**YOUR GOAL**
All lines from the one containing "inserts : List ℕ → DeltaEntry" through the end of the data below are to be transcribed exactly. Leave out the rest.

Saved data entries
☆ ☆ ☆ ☆ ☆ ☆ ☆

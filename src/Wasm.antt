-- ===== src/Wasm.antt =====
-- yjswasm/main.go: the binding of a document that JavaScript calls. What it is called with is taken
-- as converted already: an index is a number, and an array its bytes. The callbacks that a call
-- makes are returned with it.
pub mod Units
pub mod Routes
pub mod Reads
use cert_yjs.Base.{
  zero, suc, ltb, ◌^◌, ℕ, ◌+◌, ◌*◌, ◌/◌, ◌%◌, Bool, Option, none, some, List, [], ◌∷◌, ◌++◌, ◌==◌,
  length, if◌then◌else◌, Run, done, ◌>>=◌,
}
use cert_yjs.Ident.{Client}
use cert_yjs.Item.{TypePtr}
use cert_yjs.Heap.{Heap}
use cert_yjs.Update.{GoString}
use cert_yjs.Store.{Callback, Store}
use cert_yjs.Delta.{DeltaOp, delta_retain, delta_insert, delta_delete}
use cert_yjs.Transaction
use cert_yjs.Transaction.{Transaction, Call}
use cert_yjs.Text
use cert_yjs.Text.{insert_in, delete_in, code_units_in, code_units, text_len}
use cert_yjs.Doc.{Codec, new_doc, get_or_create_text, apply_encoded_update}
use cert_yjs.Wire.EncodeUpdate

-- float64(n): the value of the nearest double. A double has 53 bits; a tie goes to the even one.
unfoldable pub round_to : (step n : ℕ) → ℕ
round_to step n =
    let q = n / step in
    let r = n % step in
    if ltb (2 * r) step
    then q * step
    else if ltb step (2 * r)
    then suc q * step
    else if q % 2 == 0
    then q * step
    else suc q * step

unfoldable pub float_from : ℕ → (step n : ℕ) → ℕ
unfolding round_to
float_from zero step n = round_to step n
float_from (suc k) step n =
    let rest = float_from k (2 * step) n in if ltb n (2 ^ 53 * step) then round_to step n else rest

-- A uint64 has at most eleven bits more.
unfoldable pub float64 : ℕ → ℕ
unfolding float_from
float64 n = float_from 11 1 n

-- Two bytes a unit, the low one first; an odd byte at the end is dropped.
unfoldable pub code_units_from_js : List ℕ → List ℕ
code_units_from_js [] = []
code_units_from_js (low ∷ []) = []
code_units_from_js (low ∷ high ∷ bytes) = (low + 256 * high) ∷ code_units_from_js bytes

unfoldable pub code_units_to_js : List ℕ → List ℕ
code_units_to_js [] = []
code_units_to_js (unit ∷ units) = unit % 256 ∷ unit / 256 % 256 ∷ code_units_to_js units

-- While a transaction is open the document is the store of the transaction.
pub record DocumentBinding : Type 0 where
  pub document : Store
  pub transaction : Option Transaction

unfoldable pub new_document : Heap → Client → DocumentBinding
unfolding new_doc
new_document h client = record { document = new_doc h client; transaction = none }

-- The functions of a text that may be called in a transaction, and what they answer.
pub data TextCall : Type 0 where
  insert : ℕ → List ℕ → TextCall
  delete : ℕ → ℕ → TextCall
  to_string : TextCall
  length_of : TextCall

pub data Answer : Type 0 where
  nothing : Answer
  array : List ℕ → Answer
  number : ℕ → Answer

abbrev pub Outcome : Type 0
Outcome = Answer × DocumentBinding × List Call

unfoldable pub call_inside : DocumentBinding → Transaction → TypePtr → TextCall → Run Outcome
unfolding code_units_from_js code_units_to_js insert_in delete_in code_units_in
call_inside b tr t (TextCall.insert index bytes) = do
  tr' ← insert_in tr t index (code_units_from_js bytes)
  done (Answer.nothing, record b { transaction = some tr' }, [])
call_inside b tr t (TextCall.delete index count) = do
  tr' ← delete_in tr t index count
  done (Answer.nothing, record b { transaction = some tr' }, [])
call_inside b tr t TextCall.to_string = do
  units ← code_units_in tr t
  done (Answer.array (code_units_to_js units), b, [])
call_inside b tr t TextCall.length_of = do
  units ← code_units_in tr t
  done (Answer.number (length units), b, [])

unfoldable pub call_outside : DocumentBinding → TypePtr → TextCall → Run Outcome
unfolding code_units_from_js code_units_to_js Text.insert Text.delete code_units text_len float64
call_outside b t (TextCall.insert index bytes) = do
  (s, calls) ← Text.insert b.document t index (code_units_from_js bytes)
  done (Answer.nothing, record b { document = s }, calls)
call_outside b t (TextCall.delete index count) = do
  (s, calls) ← Text.delete b.document t index count
  done (Answer.nothing, record b { document = s }, calls)
call_outside b t TextCall.to_string = do
  units ← code_units b.document t
  done (Answer.array (code_units_to_js units), b, [])
call_outside b t TextCall.length_of = done (Answer.number (float64 (text_len b.document t)), b, [])

-- The route by the open transaction.
unfoldable pub call_text : DocumentBinding → TypePtr → TextCall → Run Outcome
unfolding call_inside call_outside
call_text b t c = elim b.transaction [ none ↦ call_outside b t c | some tr ↦ call_inside b tr t c ]

-- The calls that a JavaScript function makes, with their answers.
unfoldable pub run_body :
    DocumentBinding → List (TypePtr × TextCall) → Run (List Answer × DocumentBinding × List Call)
unfolding call_text
run_body b [] = done ([], b, [])
run_body b ((t, c) ∷ body) = do
  (answer, b1, calls) ← call_text b t c
  (answers, b2, more) ← run_body b1 body
  done (answer ∷ answers, b2, calls ++ more)

-- The transaction that is open where the body ends.
unfoldable pub current : Transaction → Option Transaction → Transaction
current tr none = tr
current tr (some tr') = tr'

-- The function that transact hands to yjs.
unfoldable pub body_in : DocumentBinding → List (TypePtr × TextCall) → Transaction → Run Transaction
unfolding run_body current
body_in b body tr = do
  (answers, b', calls) ← run_body (record b { transaction = some tr }) body
  done (current tr b'.transaction)

unfoldable pub transact :
    DocumentBinding → List (TypePtr × TextCall) → Run (DocumentBinding × List Call)
unfolding body_in Transaction.transact
transact b body = do
  (s, calls) ← Transaction.transact b.document (λ tr. body_in b body tr)
  done (record { document = s; transaction = none }, calls)

unfoldable pub encode_state_as_update : (List ℕ → GoString) → DocumentBinding → Run (List ℕ)
unfolding EncodeUpdate.encode_update
encode_state_as_update utf8 b = EncodeUpdate.encode_update utf8 b.document

unfoldable pub apply_update :
    DocumentBinding → Codec → List ℕ → Run (Bool × DocumentBinding × List Call)
unfolding apply_encoded_update
apply_update b decode bytes = do
  (applied, s, calls) ← apply_encoded_update b.document decode bytes
  done (applied, record b { document = s }, calls)

unfoldable pub get_text : DocumentBinding → GoString → TypePtr × DocumentBinding
unfolding get_or_create_text
get_text b name = let (t, s) = get_or_create_text b.document name in (t, record b { document = s })

-- The call that yjs makes at registration is dropped.
unfoldable pub observe : DocumentBinding → TypePtr → Callback → Run DocumentBinding
unfolding Text.observe
observe b t callback = do
  (s, first) ← Text.observe b.document t callback
  done (record b { document = s })

pub data DeltaEntry : Type 0 where
  retains : ℕ → DeltaEntry
  inserts : List ℕ → DeltaEntry
  deletes : ℕ → DeltaEntry

unfoldable pub delta_value : List DeltaOp → List DeltaEntry
unfolding code_units_to_js float64
delta_value [] = []
delta_value (op ∷ delta) =
    let rest = delta_value delta in
    if op.kind == delta_retain
    then DeltaEntry.retains (float64 op.length) ∷ rest
    else if op.kind == delta_insert
    then DeltaEntry.inserts (code_units_to_js op.content) ∷ rest
    else if op.kind == delta_delete
    then DeltaEntry.deletes (float64 op.length) ∷ rest
    else rest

☆ ☆ ☆ ☆ ☆ ☆ ☆

**ANSWER BOX**
  inserts : List ℕ → DeltaEntry
  deletes : ℕ → DeltaEntry

unfoldable pub delta_value : List DeltaOp → List DeltaEntry
unfolding code_units_to_js float64
delta_value [] = []
delta_value (op ∷ delta) =
    let rest = delta_value delta in
    if op.kind == delta_retain
    then DeltaEntry.retains (float64 op.length) ∷ rest
    else if op.kind == delta_insert
    then DeltaEntry.inserts (code_units_to_js op.content) ∷ rest
    else if op.kind == delta_delete
    then DeltaEntry.deletes (float64 op.length) ∷ rest
    else rest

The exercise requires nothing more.